Вернемся к Израилю. 28 Нисана 5750 года (25 апреля 1990) Ребе выступил с речью, в которой упомянул о готовящейся ООП серии террористических актов. Что тогда произошло?
Премьер-министр Шамир позвонил в секретариат за два часа до этого выступления. Разговор был абсолютно конфиденциальным. Однако, выйдя к Минхе, Ребе призвал всех в связи с полученными им сведениями увеличить в молитве, учебе и благотворительности. На следующий день "Нью-Йорк Тайме" сообщила о предотвращении серии террористических актов против представительств Израиля во всем мире.
О чем просил тогда премьер-министр?
Премьер-министр просил передать Ребе, что имеются сведения о готовящихся терактах и он возлагает надежды на благословение Ребе.
По собственной ли инициативе руководители службы безопасности Израиля передавали Ребе секретные сведения?
Разумеется, нет.
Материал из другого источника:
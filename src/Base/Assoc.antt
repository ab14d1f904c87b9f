-- ===== src/Base/Assoc.antt =====
-- Association lists with distinct keys: the representation of a Go map.
use mathlib.Core.Path.{◌≡◌, refl}
use mathlib.Core.Bool.{Bool}
use mathlib.Core.Option.{Option, none, some}
use mathlib.Core.List.{List, [], ◌∷◌}
use native.Mathlib.Omega.{arith}
use navmesh_go.Base.Tests.{if◌then◌else◌}
use navmesh_go.Base.Text.{Text, eq_text, eq_text_iff}

-- Chains of results that may be missing.
infixl 10 ◌>>=◌
abbrev pub ◌>>=◌ {ℓ κ} : {A : Type ℓ} {B : Type κ} → Option A → (A → Option B) → Option B
none >>= f = none
some a >>= f = f a

-- Two functions that always give something, one after the other.
pub bind_assoc {ℓ κ μ} :
    {A : Type ℓ} {B : Type κ} {C : Type μ} (o : Option A) (f : A → B) (g : B → C)
    → ((o >>= (λ a. some (f a))) >>= (λ b. some (g b))) ≡ (o >>= (λ a. some (g (f a))))
bind_assoc none f g = refl
bind_assoc (some a) f g = refl

abbrev pub Assoc : Type 0 → Type 0
Assoc V = List (Text × V)

module _ {V : Type 0} where
  unfoldable pub lookup : Text → Assoc V → Option V
  lookup k [] = none
  lookup k ((j, v) ∷ l) = if eq_text j k then some v else lookup k l

  unfoldable pub without : Text → Assoc V → Assoc V
  without k [] = []
  without k ((j, v) ∷ l) = let rest = without k l in if eq_text j k then rest else (j, v) ∷ rest

  -- The entries that pass a test.
  unfoldable pub only : (Text → V → Bool) → Assoc V → Assoc V
  only p [] = []
  only p ((j, v) ∷ l) = let rest = only p l in if p j v then (j, v) ∷ rest else rest

  abbrev pub Distinct : Assoc V → Type 0
  Distinct [] = Unit
  Distinct ((j, v) ∷ l) = (lookup j l ≡ none) × Distinct l

  abbrev pub kept : (V → Bool) → Option V → Option V
  kept p none = none
  kept p (some v) = if p v then some v else none

  pub lookup-without :
      (k j : Text) (l : Assoc V)
      → lookup j (without k l) ≡ (if eq_text k j then none else lookup j l)
  unfolding lookup without
  lookup-without k j [] = ground arith
  lookup-without k j ((i, v) ∷ l) =
      ground (arith, lookup-without k j l, eq_text_iff i k, eq_text_iff i j, eq_text_iff k j)

  pub without-Distinct : (k : Text) (l : Assoc V) → Distinct l → Distinct (without k l)
  unfolding without
  without-Distinct k [] d = tt
  without-Distinct k ((j, v) ∷ l) d = ground (arith, without-Distinct k l d.1, lookup-without k j l)

  only-none :
      (p : Text → V → Bool) (k : Text) (l : Assoc V)
      → lookup k l ≡ none
      → lookup k (only p l) ≡ none
  unfolding lookup only
  only-none p k [] h = refl
  only-none p k ((j, v) ∷ l) h = ground (arith, only-none p k l)

  pub lookup-only :
      (p : Text → V → Bool) (k : Text) (l : Assoc V)
      → Distinct l
      → lookup k (only p l) ≡ kept (p k) (lookup k l)
  unfolding lookup only
  lookup-only p k [] d = refl
  lookup-only p k ((j, v) ∷ l) d =
      ground (arith, lookup-only p k l d.1, only-none p k l, eq_text_iff j k)

  pub only-Distinct : (p : Text → V → Bool) (l : Assoc V) → Distinct l → Distinct (only p l)
  unfolding only
  only-Distinct p [] d = tt
  only-Distinct p ((j, v) ∷ l) d = ground (arith, only-Distinct p l d.1, only-none p j l d.0)

  -- `for k, v := range m`, with a new value or none for each entry.
  unfoldable pub refine : (V → Option V) → Assoc V → Assoc V
  refine f [] = []
  refine f ((j, v) ∷ l) =
      let rest = refine f l in elim (f v) [ none ↦ rest | some w ↦ (j, w) ∷ rest ]

  abbrev pub bind : (V → Option V) → Option V → Option V
  bind f none = none
  bind f (some v) = f v

  refine-none :
      (f : V → Option V) (k : Text) (l : Assoc V) → lookup k l ≡ none → lookup k (refine f l) ≡ none
  unfolding lookup refine
  refine-none f k [] h = refl
  refine-none f k ((j, v) ∷ l) h = ground (arith, refine-none f k l)

  pub lookup-refine :
      (f : V → Option V) (k : Text) (l : Assoc V)
      → Distinct l
      → lookup k (refine f l) ≡ bind f (lookup k l)
  unfolding lookup refine
  lookup-refine f k [] d = refl
  lookup-refine f k ((j, v) ∷ l) d =
      ground (arith, lookup-refine f k l d.1, refine-none f k l, eq_text_iff j k)

  pub refine-Distinct : (f : V → Option V) (l : Assoc V) → Distinct l → Distinct (refine f l)
  unfolding refine
  refine-Distinct f [] d = tt
  refine-Distinct f ((j, v) ∷ l) d = ground (arith, refine-Distinct f l d.1, refine-none f j l d.0)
Они действовали по инструкции. Правительство хотело, чтобы Ребе был в курсе событий.
Коль скоро речь зашла о секретных контактах, скажите, известно ли вам о такого рода контактах с руководителями МОСАДа?
Нам всегда была известна кандидатура главы МОСАДа еще до того, как об этом сообщалось официально. И, конечно, мы поддерживали постоянные контакты с этим лицом. Наиболее прочными были связи с Нахумом Адмони и Ицхаком Хуфи. Во время болезни последнего мы по указанию Ребе навестили его в медицинском центре штата Миннесоты, куда он был тайно госпитализирован.
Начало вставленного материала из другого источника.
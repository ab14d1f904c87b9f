-- ===== src/Base/Map.antt =====
-- Go maps with string keys. Clients compute with these functions and reason by `map_laws`.
use Prim.Native.Nat.{ℕ}
use mathlib.Core.Path.{◌≡◌, refl}
use mathlib.Core.Bool.{Bool, true}
use mathlib.Core.Option.{Option, none, some}
use mathlib.Core.List.{[], ◌∷◌}
use native.Mathlib.Omega.{arith}
use navmesh_go.Base.Tests.{◌==◌, if◌then◌else◌}
use navmesh_go.Base.Lists.{length}
use navmesh_go.Base.Text.{Text, eq_text, eq_text_iff}
use navmesh_go.Base.Assoc.{
  Assoc, Distinct, kept, lookup, without, only, lookup-without, without-Distinct, lookup-only,
  refine, bind, lookup-refine, refine-Distinct, only-Distinct,
}

pub record Map (V : Type 0) : Type 0 where
  pub entries : Assoc V
  pub distinct : Distinct entries

module _ {V : Type 0} where
  -- make(map[string]V)
  unfoldable pub empty : Map V
  empty = record { entries = []; distinct = tt }

  -- v, ok := m[k]
  unfoldable pub get : Map V → Text → Option V
  unfolding lookup
  get m k = lookup k m.entries

  -- delete(m, k)
  unfoldable pub delete : Map V → Text → Map V
  unfolding without
  delete m k = record {
    entries = without k m.entries;
    distinct = without-Distinct k m.entries m.distinct;
  }

  pub insert-Distinct :
      (k : Text) (v : V) (l : Assoc V) → Distinct l → Distinct ((k, v) ∷ without k l)
  insert-Distinct k v l d =
      ground (arith, lookup-without k k l, eq_text_iff k k, without-Distinct k l d)

  -- m[k] = v
  unfoldable pub put : Map V → Text → V → Map V
  unfolding without
  put m k v = record {
    entries = (k, v) ∷ without k m.entries;
    distinct = insert-Distinct k v m.entries m.distinct;
  }

  -- for k, v := range m { if !p(k, v) { delete(m, k) } }
  unfoldable pub retain : (Text → V → Bool) → Map V → Map V
  unfolding only
  retain p m = record {
    entries = only p m.entries;
    distinct = only-Distinct p m.entries m.distinct;
  }

  -- for k, v := range m { m[k] = f(v) }, or delete(m, k) where f(v) is none
  unfoldable pub replace_all : (V → Option V) → Map V → Map V
  unfolding refine
  replace_all f m = record {
    entries = refine f m.entries;
    distinct = refine-Distinct f m.entries m.distinct;
  }

  -- len(m)
  unfoldable pub size : Map V → ℕ
  size m = length m.entries

  pub get-empty : (k : Text) → get empty k ≡ none
  unfolding get empty
  get-empty k = refl

  pub get-delete :
      (m : Map V) (k j : Text) → get (delete m k) j ≡ (if eq_text k j then none else get m j)
  unfolding get delete
  get-delete m k j = lookup-without k j m.entries

  pub get-put :
      (m : Map V) (k j : Text) (v : V)
      → get (put m k v) j ≡ (if eq_text k j then some v else get m j)
  unfolding get put
  get-put m k j v = ground (arith, lookup-without k j m.entries)

  pub get-retain :
      (p : Text → V → Bool) (m : Map V) (k : Text) → get (retain p m) k ≡ kept (p k) (get m k)
  unfolding get retain
  get-retain p m k = lookup-only p k m.entries m.distinct

module _ {V : Type 0} where
  lookup-none : (l : Assoc V) (k : Text) → (length l == 0) ≡ true → lookup k l ≡ none
  unfolding lookup
  lookup-none [] k h = refl
  lookup-none (e ∷ l) k h = absurd (ground arith)

  -- A map of size 0 has no entry.
  pub get-size_zero : (m : Map V) (k : Text) → (size m == 0) ≡ true → get m k ≡ none
  unfolding size get
  get-size_zero m k h = lookup-none m.entries k h

module _ {V : Type 0} where
  pub get-replace_all :
      (f : V → Option V) (m : Map V) (k : Text) → get (replace_all f m) k ≡ bind f (get m k)
  unfolding get replace_all
  get-replace_all f m k = lookup-refine f k m.entries m.distinct

pub ruleset map_laws = (get-empty, get-delete, get-put, get-retain)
Какого рода были связи Ребе с правительственными и армейскими руководителями Израиля? В общем виде можно сказать, что представители властей Израиля систематически обращались за советами к Ребе, пользовались его помощью. Так, по рекомендации Ребе была совершена крупная сделка по закупке нефти Израилем в Норвегии. Подобных ситуаций с закупкой нефти, а также оружия было достаточно много. Я выполнял задание Ребе, когда получал информацию, необходимую израильской разведке, у нашего эмиссара в Бельгии.
Переписка с правительством Израиля велась исключительно по дипломатической почте.
Помните ли вы секретные аудиенции у Ребе?
Да, конечно. Как-то в 80-е годы позвонили из канцелярии премьер-министра Израиля, просили выяснить, сможет ли Ребе через два дня принять человека, имя которого сообщить нежелательно. Ребе, не колеблясь, согласился принять этого человека. Аудиенция длилась три часа. Это был один из руководителей МОСАДа.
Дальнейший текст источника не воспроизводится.